The twenty-four hours before the canonization were a whirlwind. Somehow, by the grace of God, NOT due to any of our human planning/strategizing, my friends and I happened be at the right place, at the right time, which allowed us to camp out precisely where we would be a part of that very limited group who would actually make it onto St. Peter’s Square for the canonization Mass! (see first two pictures below).

The way the whole thing played out is another very long story. In short, the seven of us who had prayed together on Easter Sunday, did indeed make it onto the square together (with our six additional friends) for the Canonization Mass….and we sat in the very same spot! (see third picture below).

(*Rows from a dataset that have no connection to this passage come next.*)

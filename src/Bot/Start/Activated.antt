-- ===== src/Bot/Start/Activated.antt =====
-- internal/bot/handlers_basic.go: what a reply to `/start` says of the sender.
use thunder_go.Prelude.{
  ℕ, ◌+◌, ◌*◌, ◌<◌, ◌≡◌, refl, sym, ap, ◌∙◌, subst, ◌≢◌, inl, inr, Bool, true, false, not, ◌&&◌,
  Option, none, some, Bool-cases,
}
use thunder_go.Bot.Start.{
  StartReply, activation_invalid, internal, activated, welcome, Gate, after_activate, after_consume,
  consume_activation, handle_start, hour,
}
use thunder_go.Config.{Config}
use thunder_go.Prelude.Int.{ℤ}
use thunder_go.Prelude.Text.{Text, is_empty}
use thunder_go.Cache.Laws.{Distinct}
use thunder_go.Store.Activations.{ActivatedUsers, activate_user, is_user_activated}
use thunder_go.Store.Activations.Fresh.{Counts, is_user_activated-activate_user}
use thunder_go.Store.Flags.{Flags}
use thunder_go.Store.Tokens.Once.{Deletes}
use thunder_go.Store.Tokens.{consumed_of, Tokens, consumed_of, consume_activation_token}

module _ {T A : Type 0} (tokens : Tokens T) (users : ActivatedUsers A) (has : Text → T → Bool)
    (laws : Deletes tokens has) (counts : Counts users) where
  -- What `IsUserActivated` answers next, unless it is an error or counts after the activation has
  -- expired.
  abbrev pub IsActive : ℕ → ℤ → Flags A → Type 0
  IsActive expires_at sender f =
      (now later : ℕ) (v : Bool)
      → later < expires_at
      → (is_user_activated users now later sender f).0 ≡ some v
      → v ≡ true

  -- The reply, with what it says of the token, before and after, and of the activations.
  abbrev pub IsTrue : ℕ → ℕ → ℕ → Text → ℤ → Gate T A → StartReply × Gate T A → Type 0
  IsTrue now at hours payload sender g (activated t, g') =
      ((has payload g.tokens ≡ true) × (has payload g'.tokens ≡ false))
      × IsActive (at + hours * hour) sender g'.activations
  IsTrue now at hours payload sender g (activation_invalid, g') =
      ((tokens.find_one_and_delete payload now g.tokens).0 ≢ some true)
      × (g'.activations ≡ g.activations)
  IsTrue now at hours payload sender g (internal, g') =
      ((has payload g.tokens ≡ true) × (has payload g'.tokens ≡ false))
      × ((activate_user users at (hours * hour) sender g.activations).0 ≡ false)
  IsTrue now at hours payload sender g (welcome b, g') = g' ≡ g

  after_activate-IsTrue :
      (now at hours : ℕ) (payload : Text) (sender : ℤ) (g : Gate T A) (t : T)
      → Distinct g.activations.cache.ll
      → (has payload g.tokens ≡ true) × (has payload t ≡ false)
      → IsTrue now at hours payload sender g (
          after_activate tokens users hours t
            (activate_user users at (hours * hour) sender g.activations))
  after_activate-IsTrue now at hours payload sender g t distinct used =
      go (activate_user users at (hours * hour) sender g.activations) refl
    where
      go :
          (r : Bool × Flags A)
          → activate_user users at (hours * hour) sender g.activations ≡ r
          → IsTrue now at hours payload sender g (after_activate tokens users hours t r)
      go (true, f) e =
          unfold after_activate in
          (
            used,
            λ n l v before q.
                is_user_activated-activate_user users counts at (hours * hour) n l sender
                  g.activations v distinct (ap (λ r. r.0) e) before
                  (subst (λ x. (is_user_activated users n l sender x.1).0 ≡ some v) (sym e) q),
          )
      go (false, f) e = unfold after_activate in (used, ap (λ r. r.0) e)

  consume_activation-IsTrue :
      (now at hours : ℕ) (payload : Text) (sender : ℤ) (g : Gate T A)
      → Distinct g.activations.cache.ll
      → IsTrue now at hours payload sender g
          (consume_activation tokens users now at hours payload sender g)
  unfolding consume_activation consume_activation_token
  consume_activation-IsTrue now at hours payload sender g distinct =
      go (tokens.find_one_and_delete payload now g.tokens) refl
    where
      go :
          (r : Option Bool × T)
          → tokens.find_one_and_delete payload now g.tokens ≡ r
          → IsTrue now at hours payload sender g
              (after_consume tokens users at hours sender g.activations (consumed_of r.0, r.1))
      go (some true, t) e =
          unfold consumed_of after_consume in
          after_activate-IsTrue now at hours payload sender g t distinct (
            laws.found_had payload now g.tokens (ap (λ r. r.0) e),
            subst (λ r. has payload r.1 ≡ false) e
                (laws.found_gone payload now g.tokens (ap (λ r. r.0) e)),
          )
      go (some false, t) e =
          unfold consumed_of after_consume in
          ((λ k. let c : some false ≡ some true = sym (ap (λ r. r.0) e) ∙ k in cc), refl)
      go (none, t) e =
          unfold consumed_of after_consume in
          ((λ k. let c : none ≡ some true = sym (ap (λ r. r.0) e) ∙ k in cc), refl)

  -- With a FindOneAndDelete that deletes the token that it finds, a collection that counts an
  -- activation that was written until it expires, and a cache with one entry for a key at most:
  -- `/start` with a token tells its sender that the bot is activated only if the token was there and
  -- is there no more, and then the next `IsUserActivated`, unless it counts after the activation has
  -- expired, answers yes or an error; that the token is invalid only if it was not found or the
  -- search failed, and no activation has changed; that there is an internal error only if the token
  -- was there and is there no more, but the activation could not be written. A welcome changes
  -- nothing of either.
  pub handle_start-IsTrue :
      (cfg : Config) (now at hours : ℕ) (inserted : Bool) (args : Text) (sender : ℤ) (g : Gate T A)
      → Distinct g.activations.cache.ll
      → IsTrue now at hours args sender g
          (handle_start tokens users cfg now at hours inserted args sender g)
  unfolding handle_start
  handle_start-IsTrue cfg now at hours inserted args sender g distinct =
      elim (Bool-cases (cfg.token_enabled && not (is_empty args))) [
        | inl e ↦ rw e (consume_activation-IsTrue now at hours args sender g distinct)
        | inr e ↦ rw e refl
      ]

It may all sound a bit dramatic, but it was quite a miracle! It was a concrete answer to our prayer; in such a little, tiny, truly insignificant way. Yet, through this little gift, I can’t help but be reminded that God is indeed our loving Heavenly Father. He is worthy of our trust. He is ever faithful. His ways are always better than our ways. He does listen to our prayers. He wants us to trust Him and to ask Him for what we need and want… even if it is something silly or little! God can take care of and arrange even the smallest of details in the smallest matters of our lives. If He does this, why wouldn’t He arrange the details for the bigger issues in life?

This whole event has brought one of my favorite verses from Holy Scripture back to mind: “Delight in the Lord, and He will give you the desires of your heart.” Psalm 37:4.

I thank the good Lord for the gift of of Saint John Paul II in my life and for the gift of his life for the whole Church! Once again, my beloved JPII has drawn me outside of myself and into a more intimate and trusting relationship with my heavenly Father.

Saint John Paul II and Saint John XXIII, pray for us!!